I remember before he went away feeling like his attachment issues were holding us back from 100% connection. Because I was secure, I could see this incredibly clearly and felt no anxiety around it. I just wanted him to resolve it, so I recall when he left, giving him a book to take with him on attachment and asking him to read it.
He didn't read it :(
He'd only ever been with anxious people before me, so despite being your average "good guy", pretty much every relationship had been toxic and miserable because he was very avoidant and he'd pair up with very anxious people who were almost desperate for him. They would tighten the leash, he would back away, and the toxic push / pull dance would continue.
The relationship with me was completely different. If he pulled away, honestly I was fine. Just waited for him to return. I let him. I didn't play the pursuit dance with him, and so this really beautiful relationship grew where we just respected each other as we were.
So anyway, I recall pretty well the minute we were discussing the long distance thing, and it didn't appeal to me in any way but I felt like the situation was either asking him to sacrifice important things or us working out a way to be apart for a short period until work /family situation allowed that to change. So I agreed to it, and I remember so clearly him being incredibly happy. He'd never been with a woman who allowed him freedom before.
And he used it to cheat :(
I have the messages still from the days when it first happened and we were talking about it, and it was a combination of things going on for him. We had had a fight around 4 weeks earlier because there was a family Zoom call and he "forgot" about it. I was really hurt, embarrassed, as all my siblings were there with their spouses and mine "forgot". So I didn't talk to him for a couple of weeks aside from - well - anger and criticism.

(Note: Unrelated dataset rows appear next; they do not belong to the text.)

-- ===== src/Auth/Gate/Laws.antt =====
-- internal/httpapi/auth.go: who passes the gates, and what a refusal leaves behind.
use llama_wrangler.Common.{
  ℕ, ◌≡◌, ◌≢◌, ◌↔◌, refl, ◌⊎◌, inl, inr, Bool, true, false, not, ◌&&◌, String, List, [], ◌∷◌,
  Option, none, some, arith, In, Bool-cases, Option-cases,
}
use Prim.Native.String.{◌++◌ as append_text}
use llama_wrangler.Common.Text.{str_eq, eq_iff}
use llama_wrangler.Auth.Limiter.{Limiter, auth_failure_key}
use llama_wrangler.Auth.Gate.{
  Request, ClientApiKey, AuthState, bearer_token, matching_key, matches_config,
  valid_client_api_key, passes, refuse, require_admin, require_client_api_key,
}

refuse-ne-passes :
    (now : ℕ) (token key : String) (l : Limiter) → (refuse now token key l).1 ≢ passes
unfolding refuse
refuse-ne-passes now token key l e = ground arith

-- The token is the secret of an enabled key, or a configured key, and is not empty.
abbrev pub IsClientToken : (String → String) → AuthState → String → Type 0
IsClientToken secrets state token =
    (token ≢ "")
    × (((k : ClientApiKey) × In k state.client_api_keys
          × (k.enabled ≡ true)
          × (secrets (append_text "api_key:" k.id) ≡ token))
        ⊎ In token state.config_keys)

module _ (secrets : String → String) (token : String) where
  matching_key_sound :
      (ks : List ClientApiKey) (id : String)
      → matching_key secrets ks token ≡ some id
      → (token ≢ "")
        × ((k : ClientApiKey) × In k ks
            × (k.enabled ≡ true)
            × (secrets (append_text "api_key:" k.id) ≡ token))
  unfolding matching_key
  matching_key_sound [] id e = cc
  matching_key_sound (k ∷ ks) id e = elim (Bool-cases (matches k)) [
    | inl hit ↦ (
      λ z. ground (arith, eq_iff (stored k) "", eq_iff (stored k) token),
      (k, inl refl, ground arith, ground (arith, eq_iff (stored k) token)),
    )
    | inr miss ↦
        let later : matching_key secrets ks token ≡ some id = rw (← e) (rw (miss, matching_key)) in
        let (filled, found) = matching_key_sound ks id later in
        (filled, (found.0, inr found.1, found.2, found.3))
  ]
    where
      stored : ClientApiKey → String
      stored j = secrets (append_text "api_key:" j.id)

      matches : ClientApiKey → Bool
      matches j = j.enabled && not (str_eq (stored j) "") && str_eq (stored j) token

  matching_key_complete :
      (ks : List ClientApiKey) (k : ClientApiKey)
      → token ≢ ""
      → In k ks
      → k.enabled ≡ true
      → secrets (append_text "api_key:" k.id) ≡ token
      → matching_key secrets ks token ≢ none
  unfolding matching_key
  matching_key_complete [] k t m e s z = absurd m
  matching_key_complete (j ∷ ks) k t (inl here) e s z = ground (
    arith,
    eq_iff (secrets (append_text "api_key:" j.id)) "",
    eq_iff (secrets (append_text "api_key:" j.id)) token,
  )
  matching_key_complete (j ∷ ks) k t (inr later) e s z =
      ground (arith, matching_key_complete ks k t later e s)

  matches_config_iff :
      (ks : List String) → (matches_config ks token ≡ true) ↔ ((token ≢ "") × In token ks)
  unfolding matches_config
  matches_config_iff [] = (λ e. cc, λ h. absurd h.1)
  matches_config_iff (k ∷ ks) =
      let ih = matches_config_iff ks in
      (
        λ e. elim (Bool-cases (matches_config ks token)) [
          | inl later ↦ ((ih.0 later).0, inr (ih.0 later).1)
          | inr none' ↦ (
            λ z. ground (arith, eq_iff k "", eq_iff k token),
            inl (ground (arith, eq_iff k token)),
          )
        ],
        λ h. elim h.1 [
          | inl here ↦ ground (arith, h.0, eq_iff k "", eq_iff k token)
          | inr later ↦ rw (ih.1 (h.0, later)) (ground arith)
        ],
      )

pub valid_client_api_key_iff :
    (secrets : String → String) (state : AuthState) (token : String)
    → ((valid_client_api_key secrets state token).0 ≡ true) ↔ IsClientToken secrets state token
unfolding valid_client_api_key
valid_client_api_key_iff secrets state token =
    elim (Option-cases (matching_key secrets state.client_api_keys token)) [
      | inl miss ↦ (
        λ e.
            let found : matches_config state.config_keys token ≡ true = ground arith in
            let (filled, member) = (matches_config_iff secrets token state.config_keys).0 found in
            (filled, inr member),
        λ h. elim h.1 [
          | inl (k, member, enabled, same) ↦ absurd (
              matching_key_complete secrets token state.client_api_keys k h.0 member enabled same
                miss)
          | inr member ↦
              rw (miss, valid_client_api_key)
                ((matches_config_iff secrets token state.config_keys).1 (h.0, member))
        ],
      )
      | inr (id, hit) ↦
          let (filled, found) = matching_key_sound secrets token state.client_api_keys id hit in
          (λ e. (filled, inl found), λ h. rw (hit, valid_client_api_key) refl)
    ]

module _ (split_host_port : String → Option String) where
  -- The admin gate passes a request exactly when it is an `OPTIONS` request, the setup is not
  -- complete, no login is required, or its token is valid, whatever the limiter has on record.
  pub require_admin_passes :
      (now : ℕ) (valid : String → Bool) (state : AuthState) (r : Request) (l : Limiter)
      → ((require_admin split_host_port now valid state r l).1 ≡ passes) ↔ (
          (r.method ≡ "OPTIONS")
          ⊎ (state.setup_complete ≡ false)
          ⊎ (state.require_auth ≡ false)
          ⊎ (valid (bearer_token r) ≡ true))
  unfolding require_admin
  require_admin_passes now valid state r l =
      let key = auth_failure_key split_host_port "admin" r.remote_addr in
      let refused = refuse-ne-passes now (bearer_token r) key l in
      (
        ground (arith, eq_iff r.method "OPTIONS", refused),
        ground (arith, eq_iff r.method "OPTIONS"),
      )

  -- The gate for clients passes a request exactly when the setup is not complete, no login is
  -- required, or its token is the secret of an enabled key or a configured key, and not empty.
  pub require_client_api_key_passes :
      (now : ℕ) (secrets : String → String) (state : AuthState) (r : Request) (l : Limiter)
      → ((require_client_api_key split_host_port now secrets state r l).1 ≡ passes) ↔ (
          (state.setup_complete ≡ false)
          ⊎ (state.auth_enabled ≡ false)
          ⊎ IsClientToken secrets state (bearer_token r))
  unfolding require_client_api_key
  require_client_api_key_passes now secrets state r l =
      let key = auth_failure_key split_host_port "client" r.remote_addr in
      let refused = refuse-ne-passes now (bearer_token r) key l in
      let valid = valid_client_api_key_iff secrets state (bearer_token r) in
      (ground (arith, refused, valid), ground (arith, valid))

At around the same time, he was being criticised at work. Some guy in the office had really slammed him publicly. Humiliated him even and he was absolutely swimming in shame. He couldn't get admiration from me because I was mad at him, and lo and behold there is this coworker with a crush on him who's doing anything but criticising him.
So his messages to me around that time read "I was alone and lonely and feeling bad and criticised. You were angry at me and she was kind and nice to me and didn't ask anything of me. I figured you weren't a safe bet because you were rejecting me, and I didn't want her but she was comforting"
And that's basically it. No wild lust. No infatuation. No great thrills. Just really someone almost pathologically allergic to being criticised and looking for the antidote. Which of course backfired.
So I get it is hard for your WW to change this - it's an ingrained problem that like you said was probably there long before the A ever happened, and removing self defence mechanisms is hard.
She is who she is, no point in raging against that. She is seeing it and acknowledging it for the first time now. If the A and the work of R is what it takes for her to pursue healing, then so be it.
I think this is a really wonderful way to look at it.
I think she could be an absolutely spectacular partner without all that baggage. And I love her, warts and all
Yep, I feel this way too and completely get it.
It sounds to me like it's generally moving forward. Not everyone gets the perfect wayward who somehow changes overnight into that spectacular partner with all the empathy and strength they lacked during the A.
It's always useful to remember that people who find things hard are still making an effort because they love you. Even if the effort isn't textbook perfect, I am guessing she probably finds some of this really tough.